◆ RECORDS FOR PROCESSING ◆
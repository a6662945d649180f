-- ===== src/Zigbee/Answers.antt =====
-- How an answer finds its request in core_daemon/driver_cg_zigbee.c: by the transaction id.
use mathlib.Core.Option.{some-injective}
use hsbsw.Prelude.{
  ◌∙◌, ℕ, ◌+◌, ◌*◌, ◌<◌, ◌≡◌, refl, sym, ap, arith, Bool, true, false, List, [], ◌∷◌, Option, none,
  some, ◌==◌, ltb, not, ◌&&◌, if◌then◌else◌, Bool-cases, Option-cases, inl, inr,
}
use hsbsw.Network.Field.{Buf, ◌>>=◌, get_u16, advance}
use hsbsw.Zigbee.Bytes.{first_bytes, first_bytes-cong}
use hsbsw.Zigbee.{CzCtl, CzBox}
use hsbsw.Zigbee.Frame.{deal_answer, deal_recv_buf, deal_unsolicited}
use hsbsw.Zigbee.Ops.{memcpy}
use hsbsw.Zigbee.Cases.{>>=-some, deal_unsolicited_cases, cz_register_device_cases}

-- The transaction id in the header of a frame.
abbrev pub frame_id : Buf → ℕ
frame_id buf = buf.byte 10 + 256 * buf.byte 11

-- The frame answers the request that waits.
abbrev pub is_mine : CzCtl → Buf → Bool
is_mine c buf = not (0 == frame_id buf) && (frame_id buf == c.trans_id) && c.is_waiting

-- `n` bytes of a frame over the last answer
abbrev pub overlay : CzCtl → Buf → ℕ → CzCtl
overlay c buf len = record c {
  recv_buf = record (c.recv_buf) {
    byte = λ i. if ltb i len then buf.byte i else c.recv_buf.byte i;
  };
  recv_len = len;
}

get_u16-some :
    (buf : Buf) (off v : ℕ) → get_u16 buf off ≡ some v → buf.byte off + 256 * buf.byte (off + 1) ≡ v
unfolding get_u16
get_u16-some buf off v e = ground (arith, e)

deal_unsolicited-ctl :
    (ptr : Buf) (cmd rlen short_addr end_point ret : ℕ) (b b' : CzBox)
    → deal_unsolicited ptr cmd rlen short_addr end_point b ≡ some (ret, b')
    → b'.ctl ≡ b.ctl
deal_unsolicited-ctl ptr cmd rlen short_addr end_point ret b b' =
    deal_unsolicited_cases (λ c. c.ctl ≡ b.ctl) b b' ret ptr cmd rlen short_addr end_point refl
      (λ pdev id param param2. refl) (λ pdev id val. refl)
      (λ info r c.
        cz_register_device_cases (λ d. d.ctl ≡ b.ctl) short_addr end_point info b c r refl
          (λ r' devid w e q. refl))

deal_answer-ctl :
    (buf : Buf) (len t ret : ℕ) (b b' : CzBox)
    → deal_answer buf len t b ≡ some (ret, b')
    → b'.ctl ≡ (if (t == b.ctl.trans_id) && b.ctl.is_waiting then overlay b.ctl buf len else b.ctl)
unfolding deal_answer memcpy
deal_answer-ctl buf len t ret b b' e = ground (arith, e)

-- A frame changes what the request sees exactly if it answers the request that waits.
deal_recv_buf-ctl :
    (buf : Buf) (len ret : ℕ) (b b' : CzBox)
    → deal_recv_buf buf len b ≡ some (ret, b')
    → b'.ctl ≡ (if is_mine b.ctl buf then overlay b.ctl buf len else b.ctl)
unfolding deal_recv_buf
deal_recv_buf-ctl buf len ret b b' e =
    let (short_addr, e1, e) = >>=-some (get_u16 buf 6) _ _ e in
    let (end_point, e2, e) = >>=-some (get_u16 buf 8) _ _ e in
    let (t, e3, e) = >>=-some (get_u16 buf 10) _ _ e in
    let (cmd, e4, e) = >>=-some (get_u16 (advance 12 buf) 0) _ _ e in
    let (rlen, e5, e) = >>=-some (get_u16 (advance 12 buf) 2) _ _ e in
    elim (Bool-cases (0 == t)) [
      | inl z ↦ ground (
        arith,
        get_u16-some buf 10 t e3,
        z,
        deal_unsolicited-ctl (advance 12 buf) cmd rlen short_addr end_point ret b b'
            (ground (arith, z, e)),
      )
      | inr z ↦ ground (
        arith,
        get_u16-some buf 10 t e3,
        z,
        deal_answer-ctl buf len t ret b b' (ground (arith, z, e)),
      )
    ]

-- The monitor thread deals with frames, each with its length, one after another.
abbrev pub receive_all : List (Buf × ℕ) → CzBox → Option CzBox
receive_all [] b = some b
receive_all ((buf, len) ∷ fs) b = deal_recv_buf buf len b >>= (λ r. receive_all fs r.1)

-- The last frame that answers the request with the transaction id `t`.
abbrev pub latest : ℕ → List (Buf × ℕ) → Option (Buf × ℕ)
latest t [] = none
latest t ((buf, len) ∷ fs) = elim (latest t fs) [
  | some a ↦ some a
  | none ↦ if frame_id buf == t then some (buf, len) else none
]

-- The answer that the request finds: its bytes.
abbrev pub received : CzCtl → List ℕ
received c = first_bytes c.recv_len c.recv_buf.byte

received-overlay :
    (c : CzCtl) (buf : Buf) (len : ℕ) → received (overlay c buf len) ≡ first_bytes len buf.byte
received-overlay c buf len = first_bytes-cong len _ buf.byte (λ i h. ground (arith, h))

-- What no frame changes.
abbrev pub kept : CzCtl → Bool × ℕ × ℕ
kept c = (c.is_waiting, c.trans_id, c.recv_buf.size)

kept-overlay :
    (m : Bool) (c : CzCtl) (buf : Buf) (len : ℕ)
    → kept (if m then overlay c buf len else c) ≡ kept c
kept-overlay true c buf len = refl
kept-overlay false c buf len = refl

deal_recv_buf-kept :
    (buf : Buf) (len ret : ℕ) (b b' : CzBox)
    → deal_recv_buf buf len b ≡ some (ret, b')
    → kept b'.ctl ≡ kept b.ctl
deal_recv_buf-kept buf len ret b b' e =
    ap kept (deal_recv_buf-ctl buf len ret b b' e) ∙ kept-overlay (is_mine b.ctl buf) b.ctl buf len

pub receive_all-kept :
    (fs : List (Buf × ℕ)) (b b' : CzBox) → receive_all fs b ≡ some b' → kept b'.ctl ≡ kept b.ctl
receive_all-kept [] b b' e = ap (λ (c : CzBox). kept c.ctl) (sym (some-injective b b' e))
receive_all-kept ((buf, len) ∷ fs) b b' e =
    let ((ret, c), d, e) = >>=-some (deal_recv_buf buf len b) _ _ e in
    receive_all-kept fs c b' e ∙ deal_recv_buf-kept buf len ret b c d

-- The bytes of the last frame with the request's id, or of the answer before.
abbrev pub chosen : List ℕ → Option (Buf × ℕ) → List ℕ
chosen before none = before
chosen before (some (buf, len)) = first_bytes len buf.byte

received-either :
    (m : Bool) (c : CzCtl) (buf : Buf) (len : ℕ)
    → received (if m then overlay c buf len else c)
      ≡ (if m then first_bytes len buf.byte else received c)
received-either true c buf len = received-overlay c buf len
received-either false c buf len = refl

chosen-latest :
    (before : List ℕ) (buf : Buf) (len t : ℕ) (fs : List (Buf × ℕ))
    → chosen before (latest t ((buf, len) ∷ fs))
      ≡ chosen (if frame_id buf == t then first_bytes len buf.byte else before) (latest t fs)
chosen-latest before buf len t fs = elim (Option-cases (latest t fs)) [
  | inl n ↦ elim (Bool-cases (frame_id buf == t)) [
    | inl m ↦ rw (n, m) refl
    | inr m ↦ rw (n, m) refl
  ]
  | inr (a, n) ↦ rw n refl
]

is_mine_iff :
    (c : CzCtl) (buf : Buf)
    → c.is_waiting ≡ true
    → 0 < c.trans_id
    → is_mine c buf ≡ (frame_id buf == c.trans_id)
is_mine_iff c buf w t = ground (arith, w, t)

received_next :
    (buf : Buf) (len ret : ℕ) (b c : CzBox)
    → b.ctl.is_waiting ≡ true
    → 0 < b.ctl.trans_id
    → deal_recv_buf buf len b ≡ some (ret, c)
    → received c.ctl
      ≡ (if frame_id buf == b.ctl.trans_id then first_bytes len buf.byte else received b.ctl)
received_next buf len ret b c w t d =
    ap received (deal_recv_buf-ctl buf len ret b c d)
    ∙ received-either (is_mine b.ctl buf) b.ctl buf len
    ∙ ap (λ (m : Bool). if m then first_bytes len buf.byte else received b.ctl)
        (is_mine_iff b.ctl buf w t)

-- While a request waits with a transaction id other than 0, and whatever frames come in, it finds the
-- last one with its id, byte for byte, and without one the answer to an earlier request.
pub receive_all-latest :
    (fs : List (Buf × ℕ)) (b b' : CzBox)
    → b.ctl.is_waiting ≡ true
    → 0 < b.ctl.trans_id
    → receive_all fs b ≡ some b'
    → received b'.ctl ≡ chosen (received b.ctl) (latest b.ctl.trans_id fs)
receive_all-latest [] b b' w t e = ap (λ (c : CzBox). received c.ctl) (sym (some-injective b b' e))
receive_all-latest ((buf, len) ∷ fs) b b' w t e =
    let ((ret, c), d, e) = >>=-some (deal_recv_buf buf len b) _ _ e in
    let k = deal_recv_buf-kept buf len ret b c d in
    let ih =
      receive_all-latest fs c b' (ap (λ x. x.0) k ∙ w) (ground (arith, t, ap (λ x. x.1) k)) e in
    let mine = received_next buf len ret b c w t d in
    ih
    ∙ ap (λ i. chosen (received c.ctl) (latest i fs)) (ap (λ x. x.1) k)
    ∙ ap (λ bytes. chosen bytes (latest b.ctl.trans_id fs)) mine
    ∙ sym (chosen-latest (received b.ctl) buf len b.ctl.trans_id fs)

-- With the transaction id 0, no frames whatever that are dealt with change what the request has
-- received, or anything else of the driver's control block.
pub receive_all-zero :
    (fs : List (Buf × ℕ)) (b b' : CzBox)
    → b.ctl.trans_id ≡ 0
    → receive_all fs b ≡ some b'
    → b'.ctl ≡ b.ctl
receive_all-zero [] b b' z e = ap (λ (c : CzBox). c.ctl) (sym (some-injective b b' e))
receive_all-zero ((buf, len) ∷ fs) b b' z e =
    let ((ret, c), d, e) = >>=-some (deal_recv_buf buf len b) _ _ e in
    let same = deal_recv_buf-ctl buf len ret b c d ∙ not_mine b.ctl buf len z in
    receive_all-zero fs c b' (ap (λ (x : CzCtl). x.trans_id) same ∙ z) e ∙ same
  where
    not_mine :
        (x : CzCtl) (buf : Buf) (len : ℕ)
        → x.trans_id ≡ 0
        → (if is_mine x buf then overlay x buf len else x) ≡ x
    not_mine x buf len z = ground (arith, z)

◆ TASK DESCRIPTION ◆
Say how many lines of the listing above include the word "chosen", and give no other text.

◆ EXPECTED ANSWER ◆
11